— What you need to do —
Please reproduce the entries that follow without a single difference.

— Data to process —
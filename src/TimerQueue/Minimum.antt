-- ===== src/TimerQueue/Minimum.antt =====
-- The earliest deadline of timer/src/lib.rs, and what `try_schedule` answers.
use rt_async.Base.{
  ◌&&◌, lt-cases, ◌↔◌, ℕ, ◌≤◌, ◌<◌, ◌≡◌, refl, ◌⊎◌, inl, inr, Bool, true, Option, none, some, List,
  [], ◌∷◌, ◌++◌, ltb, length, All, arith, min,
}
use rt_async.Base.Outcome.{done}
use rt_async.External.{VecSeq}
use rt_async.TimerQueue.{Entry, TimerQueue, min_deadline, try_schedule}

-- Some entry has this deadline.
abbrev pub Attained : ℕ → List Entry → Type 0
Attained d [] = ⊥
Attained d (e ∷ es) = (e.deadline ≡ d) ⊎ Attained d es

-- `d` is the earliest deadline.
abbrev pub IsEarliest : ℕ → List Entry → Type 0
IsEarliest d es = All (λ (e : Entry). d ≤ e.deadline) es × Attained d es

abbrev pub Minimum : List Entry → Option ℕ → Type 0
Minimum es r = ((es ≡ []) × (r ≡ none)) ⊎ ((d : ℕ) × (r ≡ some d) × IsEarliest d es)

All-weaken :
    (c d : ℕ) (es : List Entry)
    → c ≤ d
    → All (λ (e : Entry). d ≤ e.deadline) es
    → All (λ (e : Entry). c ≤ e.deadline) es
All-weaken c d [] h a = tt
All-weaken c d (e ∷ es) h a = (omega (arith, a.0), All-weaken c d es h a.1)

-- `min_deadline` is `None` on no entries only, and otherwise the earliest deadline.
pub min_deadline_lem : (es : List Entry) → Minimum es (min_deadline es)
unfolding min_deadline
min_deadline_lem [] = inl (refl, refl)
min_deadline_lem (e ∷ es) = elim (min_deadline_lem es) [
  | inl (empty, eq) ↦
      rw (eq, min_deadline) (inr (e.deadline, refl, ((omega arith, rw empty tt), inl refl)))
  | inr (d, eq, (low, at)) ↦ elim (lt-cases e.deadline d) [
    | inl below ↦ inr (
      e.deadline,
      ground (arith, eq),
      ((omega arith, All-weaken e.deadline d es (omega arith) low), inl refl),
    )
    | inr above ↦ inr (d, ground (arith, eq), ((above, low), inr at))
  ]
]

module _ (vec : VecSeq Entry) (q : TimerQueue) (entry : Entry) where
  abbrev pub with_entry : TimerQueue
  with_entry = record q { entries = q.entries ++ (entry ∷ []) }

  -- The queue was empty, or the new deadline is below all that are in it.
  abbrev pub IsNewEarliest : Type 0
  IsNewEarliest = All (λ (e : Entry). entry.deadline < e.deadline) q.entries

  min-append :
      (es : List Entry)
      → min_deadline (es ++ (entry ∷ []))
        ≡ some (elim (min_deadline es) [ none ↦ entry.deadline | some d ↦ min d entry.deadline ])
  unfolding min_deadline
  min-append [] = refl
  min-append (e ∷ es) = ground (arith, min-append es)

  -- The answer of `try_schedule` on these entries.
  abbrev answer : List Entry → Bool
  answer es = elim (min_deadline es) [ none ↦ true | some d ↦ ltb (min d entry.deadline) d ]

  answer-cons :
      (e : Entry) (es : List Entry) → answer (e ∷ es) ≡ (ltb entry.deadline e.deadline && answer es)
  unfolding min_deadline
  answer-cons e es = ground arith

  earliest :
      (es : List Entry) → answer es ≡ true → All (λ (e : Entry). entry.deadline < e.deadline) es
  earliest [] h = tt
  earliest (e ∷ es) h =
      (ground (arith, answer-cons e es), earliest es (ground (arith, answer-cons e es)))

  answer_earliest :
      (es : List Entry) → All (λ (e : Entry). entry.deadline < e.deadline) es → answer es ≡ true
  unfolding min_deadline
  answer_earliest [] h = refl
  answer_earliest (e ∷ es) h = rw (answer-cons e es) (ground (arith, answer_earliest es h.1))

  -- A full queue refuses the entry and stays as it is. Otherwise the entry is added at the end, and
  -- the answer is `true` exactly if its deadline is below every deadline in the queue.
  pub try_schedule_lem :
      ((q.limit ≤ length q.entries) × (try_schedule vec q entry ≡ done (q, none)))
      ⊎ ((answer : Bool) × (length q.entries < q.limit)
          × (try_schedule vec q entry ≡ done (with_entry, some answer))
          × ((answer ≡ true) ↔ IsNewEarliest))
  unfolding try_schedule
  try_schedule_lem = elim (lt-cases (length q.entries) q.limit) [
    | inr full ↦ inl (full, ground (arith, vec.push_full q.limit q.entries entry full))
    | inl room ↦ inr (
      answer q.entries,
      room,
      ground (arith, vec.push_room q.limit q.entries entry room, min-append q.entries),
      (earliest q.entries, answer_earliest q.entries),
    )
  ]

— Solution to this problem —
filename src/TimerQueue/Minimum.antt
-- ===== src/TimerQueue/Minimum.antt =====
-- The earliest deadline of timer/src/lib.rs, and what `try_schedule` answers.
use rt_async.Base.{
  ◌&&◌, lt-cases, ◌↔◌, ℕ, ◌≤◌, ◌<◌, ◌≡◌, refl, ◌⊎◌, inl, inr, Bool, true, Option, none, some, List,
  [], ◌∷◌, ◌++◌, ltb, length, All, arith, min,
}
use rt_async.Base.Outcome.{done}
use rt_async.External.{VecSeq}
use rt_async.TimerQueue.{Entry, TimerQueue, min_deadline, try_schedule}

-- Some entry has this deadline.
abbrev pub Attained : ℕ → List Entry → Type 0
Attained d [] = ⊥
Attained d (e ∷ es) = (e.deadline ≡ d) ⊎ Attained d es

-- `d` is the earliest deadline.
abbrev pub IsEarliest : ℕ → List Entry → Type 0
IsEarliest d es = All (λ (e : Entry). d ≤ e.deadline) es × Attained d es

abbrev pub Minimum : List Entry → Option ℕ → Type 0
Minimum es r = ((es ≡ []) × (r ≡ none)) ⊎ ((d : ℕ) × (r ≡ some d) × IsEarliest d es)

All-weaken :
    (c d : ℕ) (es : List Entry)
    → c ≤ d
    → All (λ (e : Entry). d ≤ e.deadline) es
    → All (λ (e : Entry). c ≤ e.deadline) es
All-weaken c d [] h a = tt
All-weaken c d (e ∷ es) h a = (omega (arith, a.0), All-weaken c d es h a.1)

-- `min_deadline` is `None` on no entries only, and otherwise the earliest deadline.
pub min_deadline_lem : (es : List Entry) → Minimum es (min_deadline es)
unfolding min_deadline
min_deadline_lem [] = inl (refl, refl)
min_deadline_lem (e ∷ es) = elim (min_deadline_lem es) [
  | inl (empty, eq) ↦
      rw (eq, min_deadline) (inr (e.deadline, refl, ((omega arith, rw empty tt), inl refl)))
  | inr (d, eq, (low, at)) ↦ elim (lt-cases e.deadline d) [
    | inl below ↦ inr (
      e.deadline,
      ground (arith, eq),
      ((omega arith, All-weaken e.deadline d es (omega arith) low), inl refl),
    )
    | inr above ↦ inr (d, ground (arith, eq), ((above, low), inr at))
  ]
]

module _ (vec : VecSeq Entry) (q : TimerQueue) (entry : Entry) where
  abbrev pub with_entry : TimerQueue
  with_entry = record q { entries = q.entries ++ (entry ∷ []) }

  -- The queue was empty, or the new deadline is below all that are in it.
  abbrev pub IsNewEarliest : Type 0
  IsNewEarliest = All (λ (e : Entry). entry.deadline < e.deadline) q.entries

  min-append :
      (es : List Entry)
      → min_deadline (es ++ (entry ∷ []))
        ≡ some (elim (min_deadline es) [ none ↦ entry.deadline | some d ↦ min d entry.deadline ])
  unfolding min_deadline
  min-append [] = refl
  min-append (e ∷ es) = ground (arith, min-append es)

  -- The answer of `try_schedule` on these entries.
  abbrev answer : List Entry → Bool
  answer es = elim (min_deadline es) [ none ↦ true | some d ↦ ltb (min d entry.deadline) d ]

  answer-cons :
      (e : Entry) (es : List Entry) → answer (e ∷ es) ≡ (ltb entry.deadline e.deadline && answer es)
  unfolding min_deadline
  answer-cons e es = ground arith

  earliest :
      (es : List Entry) → answer es ≡ true → All (λ (e : Entry). entry.deadline < e.deadline) es
  earliest [] h = tt
  earliest (e ∷ es) h =
      (ground (arith, answer-cons e es), earliest es (ground (arith, answer-cons e es)))

  answer_earliest :
      (es : List Entry) → All (λ (e : Entry). entry.deadline < e.deadline) es → answer es ≡ true
  unfolding min_deadline
  answer_earliest [] h = refl
  answer_earliest (e ∷ es) h = rw (answer-cons e es) (ground (arith, answer_earliest es h.1))

  -- A full queue refuses the entry and stays as it is. Otherwise the entry is added at the end, and
  -- the answer is `true` exactly if its deadline is below every deadline in the queue.
  pub try_schedule_lem :
      ((q.limit ≤ length q.entries) × (try_schedule vec q entry ≡ done (q, none)))
      ⊎ ((answer : Bool) × (length q.entries < q.limit)
          × (try_schedule vec q entry ≡ done (with_entry, some answer))
          × ((answer ≡ true) ↔ IsNewEarliest))
  unfolding try_schedule
  try_schedule_lem = elim (lt-cases (length q.entries) q.limit) [
    | inr full ↦ inl (full, ground (arith, vec.push_full q.limit q.entries entry full))
    | inl room ↦ inr (
      answer q.entries,
      room,
      ground (arith, vec.push_room q.limit q.entries entry room, min-append q.entries),
      (earliest q.entries, answer_earliest q.entries),
    )
  ]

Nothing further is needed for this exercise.